PROVIDED DATA section start

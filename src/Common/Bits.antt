-- ===== src/Common/Bits.antt =====
-- Bit sets as native numbers: the bits of `&`, `|` and `!`, at variables.
use Prim.Native.Nat.{
  ℕ, zero, suc, ◌+◌, ◌-◌, ◌*◌, ◌/◌, ◌%◌, ◌^◌, ◌≤◌, ◌<◌, min, max, bit_and, bit_or, digits,
  bit_and-bitwise, bit_or-bitwise,
}
use mathlib.Core.Path.{◌≡◌, refl, ◌∙◌, sym, ap}
use mathlib.Core.Logic.{◌≢◌}
use native.Mathlib.Nat.{
  pow-suc, one-le-pow, mod-add-div, div-div-eq-div-mul, mul_comm, div-one, mod-eq_of_lt,
}
use native.Mathlib.Omega.{arith}
use alani_kernel.Common.Words.{complement}

-- Induction by halving.
halving_fuel {ℓ} :
    (P : ℕ → Type ℓ) → P 0 → ((x : ℕ) → P (suc x / 2) → P (suc x)) → (fuel x : ℕ) → x ≤ fuel → P x
halving_fuel P base next fuel zero h = base
halving_fuel P base next zero (suc x) h = absurd (omega arith)
halving_fuel P base next (suc fuel) (suc x) h =
    next x (halving_fuel P base next fuel (suc x / 2) (omega arith))

halving {ℓ} : (P : ℕ → Type ℓ) → P 0 → ((x : ℕ) → P (suc x / 2) → P (suc x)) → (x : ℕ) → P x
halving P base next x = halving_fuel P base next x x (omega arith)

-- The definition that the native operations stand for, of any digit operation: the fuel does not
-- matter once it is enough.
module _ (rest : ℕ → ℕ) (digit : ℕ → ℕ → ℕ) where
  digits-zero : (fuel y : ℕ) → digits rest digit fuel 0 y ≡ rest y
  digits-zero zero y = refl
  digits-zero (suc fuel) y = refl

  digits-enough : (k l x y : ℕ) → x ≤ k → x ≤ l → digits rest digit k x y ≡ digits rest digit l x y
  digits-enough k l zero y below above = digits-zero k y ∙ sym (digits-zero l y)
  digits-enough zero l (suc x) y below above = absurd (omega arith)
  digits-enough (suc k) zero (suc x) y below above = absurd (omega arith)
  digits-enough (suc k) (suc l) (suc x) y below above =
      ap (λ (t : ℕ). t * 2 + digit (suc x % 2) (y % 2))
        (digits-enough k l (suc x / 2) (y / 2) (omega arith) (omega arith))

  digits-halves :
      (x y : ℕ)
      → digits rest digit (suc x) (suc x) y
        ≡ digits rest digit (suc x / 2) (suc x / 2) (y / 2) * 2 + digit (suc x % 2) (y % 2)
  digits-halves x y =
      ap (λ (t : ℕ). t * 2 + digit (suc x % 2) (y % 2))
        (digits-enough x (suc x / 2) (suc x / 2) (y / 2) (omega arith) (omega arith))

nothing-bit_and : (y : ℕ) → bit_and 0 y ≡ 0
nothing-bit_and y = bit_and-bitwise 0 y

nothing-bit_or : (y : ℕ) → bit_or 0 y ≡ y
nothing-bit_or y = bit_or-bitwise 0 y

-- Both operations work on the lowest digits and on the halves.
bit_and-halves : (x y : ℕ) → bit_and x y ≡ bit_and (x / 2) (y / 2) * 2 + min (x % 2) (y % 2)
bit_and-halves zero y = omega (arith, nothing-bit_and y, nothing-bit_and (y / 2))
bit_and-halves (suc x) y =
    bit_and-bitwise (suc x) y
    ∙ digits-halves (λ _. zero) min x y
    ∙ ap (λ (t : ℕ). t * 2 + min (suc x % 2) (y % 2)) (sym (bit_and-bitwise (suc x / 2) (y / 2)))

bit_or-halves : (x y : ℕ) → bit_or x y ≡ bit_or (x / 2) (y / 2) * 2 + max (x % 2) (y % 2)
bit_or-halves zero y = omega (arith, nothing-bit_or y, nothing-bit_or (y / 2))
bit_or-halves (suc x) y =
    bit_or-bitwise (suc x) y
    ∙ digits-halves (λ z. z) max x y
    ∙ ap (λ (t : ℕ). t * 2 + max (suc x % 2) (y % 2)) (sym (bit_or-bitwise (suc x / 2) (y / 2)))

pub bit_and-zero : (x : ℕ) → bit_and x 0 ≡ 0
bit_and-zero =
    halving (λ x. bit_and x 0 ≡ 0) (nothing-bit_and 0)
      λ x half. omega (arith, bit_and-halves (suc x) 0, half)

pub bit_or-zero : (x : ℕ) → bit_or x 0 ≡ x
bit_or-zero =
    halving (λ x. bit_or x 0 ≡ x) (nothing-bit_or 0)
      λ x half. omega (arith, bit_or-halves (suc x) 0, half)

bit_and-half : (a b : ℕ) → bit_and a b / 2 ≡ bit_and (a / 2) (b / 2)
bit_and-half a b = omega (arith, bit_and-halves a b)

bit_or-half : (a b : ℕ) → bit_or a b / 2 ≡ bit_or (a / 2) (b / 2)
bit_or-half a b = omega (arith, bit_or-halves a b)

-- Digit `k` of a number.
abbrev pub bit_at : ℕ → ℕ → ℕ
bit_at zero a = a % 2
bit_at (suc k) a = bit_at k (a / 2)

pub bit_at-le-one : (k a : ℕ) → bit_at k a ≤ 1
bit_at-le-one zero a = omega arith
bit_at-le-one (suc k) a = bit_at-le-one k (a / 2)

pub bit_at-bit_and : (k a b : ℕ) → bit_at k (bit_and a b) ≡ min (bit_at k a) (bit_at k b)
bit_at-bit_and zero a b = omega (arith, bit_and-halves a b)
bit_at-bit_and (suc k) a b = rw (bit_and-half a b) (bit_at-bit_and k (a / 2) (b / 2))

pub bit_at-bit_or : (k a b : ℕ) → bit_at k (bit_or a b) ≡ max (bit_at k a) (bit_at k b)
bit_at-bit_or zero a b = omega (arith, bit_or-halves a b)
bit_at-bit_or (suc k) a b = rw (bit_or-half a b) (bit_at-bit_or k (a / 2) (b / 2))

pub bit_at-zero : (k : ℕ) → bit_at k 0 ≡ 0
bit_at-zero zero = refl
bit_at-zero (suc k) = bit_at-zero k

-- A number is known by its bits below its width, and so is whether it is zero.
pub eq_of_bits :
    (n a b : ℕ) → a < 2 ^ n → b < 2 ^ n → ((k : ℕ) → k < n → bit_at k a ≡ bit_at k b) → a ≡ b
eq_of_bits zero a b ha hb h = omega arith
eq_of_bits (suc n) a b ha hb h = omega (
  arith,
  h 0 (omega arith),
  eq_of_bits n (a / 2) (b / 2) (omega (arith, pow-suc 2 n)) (omega (arith, pow-suc 2 n))
      (λ k below. h (suc k) (omega arith)),
)

half-pow-suc : (k : ℕ) → 2 ^ suc k / 2 ≡ 2 ^ k
half-pow-suc k = omega (arith, pow-suc 2 k)

pub bit_at-pow_self : (k : ℕ) → bit_at k (2 ^ k) ≡ 1
bit_at-pow_self zero = refl
bit_at-pow_self (suc k) = rw (half-pow-suc k) (bit_at-pow_self k)

pub bit_at-pow_ne : (j k : ℕ) → j ≢ k → bit_at j (2 ^ k) ≡ 0
bit_at-pow_ne zero zero h = absurd (h refl)
bit_at-pow_ne zero (suc k) h = omega (arith, pow-suc 2 k)
bit_at-pow_ne (suc j) zero h = bit_at-zero j
bit_at-pow_ne (suc j) (suc k) h = rw (half-pow-suc k) (bit_at-pow_ne j k (λ e. h (ap suc e)))

complement-half :
    (n a : ℕ) → a < 2 ^ suc n → complement (2 ^ suc n) a / 2 ≡ complement (2 ^ n) (a / 2)
complement-half n a h = omega (arith, pow-suc 2 n)

pub bit_at-complement :
    (n k a : ℕ) → a < 2 ^ n → k < n → bit_at k (complement (2 ^ n) a) ≡ 1 - bit_at k a
bit_at-complement zero k a h below = absurd (omega arith)
bit_at-complement (suc n) zero a h below = omega (arith, pow-suc 2 n)
bit_at-complement (suc n) (suc k) a h below =
    rw (complement-half n a h)
      (bit_at-complement n k (a / 2) (omega (arith, pow-suc 2 n)) (omega arith))

-- A mask of one bit tells whether that bit is set.
pub bit_and-pow : (k a : ℕ) → bit_and a (2 ^ k) ≡ bit_at k a * 2 ^ k
bit_and-pow zero a = omega (arith, bit_and-halves a 1, bit_and-zero (a / 2))
bit_and-pow (suc k) a = ground (
  arith,
  bit_and-halves a (2 ^ suc k),
  half-pow-suc k,
  pow-suc 2 k,
  bit_and-pow k (a / 2),
  ap (λ (t : ℕ). bit_at k (a / 2) * t) (pow-suc 2 k),
)

half-mask : (k : ℕ) → (2 ^ suc k - 1) / 2 ≡ 2 ^ k - 1
half-mask k = omega (arith, pow-suc 2 k, one-le-pow k 2)

mod-pow-suc : (k a : ℕ) → a % 2 ^ suc k ≡ (a / 2) % 2 ^ k * 2 + a % 2
mod-pow-suc k a = ground (
  arith,
  mod-add-div a (2 ^ suc k),
  mod-add-div (a / 2) (2 ^ k),
  div-div-eq-div-mul a 2 (2 ^ k),
  pow-suc 2 k,
  mul_comm 2 (2 ^ k),
  ap (λ (t : ℕ). t * (a / 2 / 2 ^ k)) (pow-suc 2 k),
)

-- A mask of low bits is a remainder.
pub bit_and_mask : (k a : ℕ) → bit_and a (2 ^ k - 1) ≡ a % 2 ^ k
bit_and_mask zero a = omega (arith, bit_and-zero a)
bit_and_mask (suc k) a = ground (
  arith,
  bit_and-halves a (2 ^ suc k - 1),
  pow-suc 2 k,
  one-le-pow k 2,
  half-mask k,
  bit_and_mask k (a / 2),
  mod-pow-suc k a,
)

pub bit_and-lt : (n a b : ℕ) → b < 2 ^ n → bit_and a b < 2 ^ n
bit_and-lt zero a zero h = omega (arith, bit_and-zero a)
bit_and-lt zero a (suc b) h = absurd (omega arith)
bit_and-lt (suc n) a b h = omega (
  arith,
  pow-suc 2 n,
  bit_and-halves a b,
  bit_and-lt n (a / 2) (b / 2) (omega (arith, pow-suc 2 n)),
)

pub bit_or-lt : (n a b : ℕ) → a < 2 ^ n → b < 2 ^ n → bit_or a b < 2 ^ n
bit_or-lt zero zero b ha hb = omega (arith, nothing-bit_or b)
bit_or-lt zero (suc a) b ha hb = absurd (omega arith)
bit_or-lt (suc n) a b ha hb = omega (
  arith,
  pow-suc 2 n,
  bit_or-halves a b,
  bit_or-lt n (a / 2) (b / 2) (omega (arith, pow-suc 2 n)) (omega (arith, pow-suc 2 n)),
)

mul-pow-suc : (m k : ℕ) → m * 2 ^ suc k ≡ m * 2 ^ k * 2
mul-pow-suc m k = omega (arith, ap (λ (t : ℕ). m * t) (pow-suc 2 k))

-- A mask above the low `k` bits looks at what is above them.
bit_and-shift : (k a m : ℕ) → bit_and a (m * 2 ^ k) ≡ bit_and (a / 2 ^ k) m * 2 ^ k
bit_and-shift zero a m = ground (arith, div-one a)
bit_and-shift (suc k) a m = ground (
  arith,
  bit_and-halves a (m * 2 ^ suc k),
  mul-pow-suc m k,
  mul-pow-suc (bit_and (a / 2 ^ suc k) m) k,
  bit_and-shift k (a / 2) m,
  div-div-eq-div-mul a 2 (2 ^ k),
  pow-suc 2 k,
  mul_comm 2 (2 ^ k),
)

-- The bits from `k` up to `k + j`, as the mask of a reserved field: none is set exactly in a small
-- number.
pub bit_and-high :
    (k j a : ℕ) → a / 2 ^ k < 2 ^ j → bit_and a ((2 ^ j - 1) * 2 ^ k) ≡ a / 2 ^ k * 2 ^ k
bit_and-high k j a h =
    rw (bit_and-shift k a (2 ^ j - 1), bit_and_mask j (a / 2 ^ k), mod-eq_of_lt h)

PROVIDED DATA section end

• PROBLEM DESCRIPTION: All lines above between those holding "(bit_at-complement n k" and "bit_and-pow (suc k)", inclusive, must be set down unchanged, and no other line may be included.

• ANSWER TO THE EXERCISE:
      (bit_at-complement n k (a / 2) (omega (arith, pow-suc 2 n)) (omega arith))

-- A mask of one bit tells whether that bit is set.
pub bit_and-pow : (k a : ℕ) → bit_and a (2 ^ k) ≡ bit_at k a * 2 ^ k
bit_and-pow zero a = omega (arith, bit_and-halves a 1, bit_and-zero (a / 2))
bit_and-pow (suc k) a = ground (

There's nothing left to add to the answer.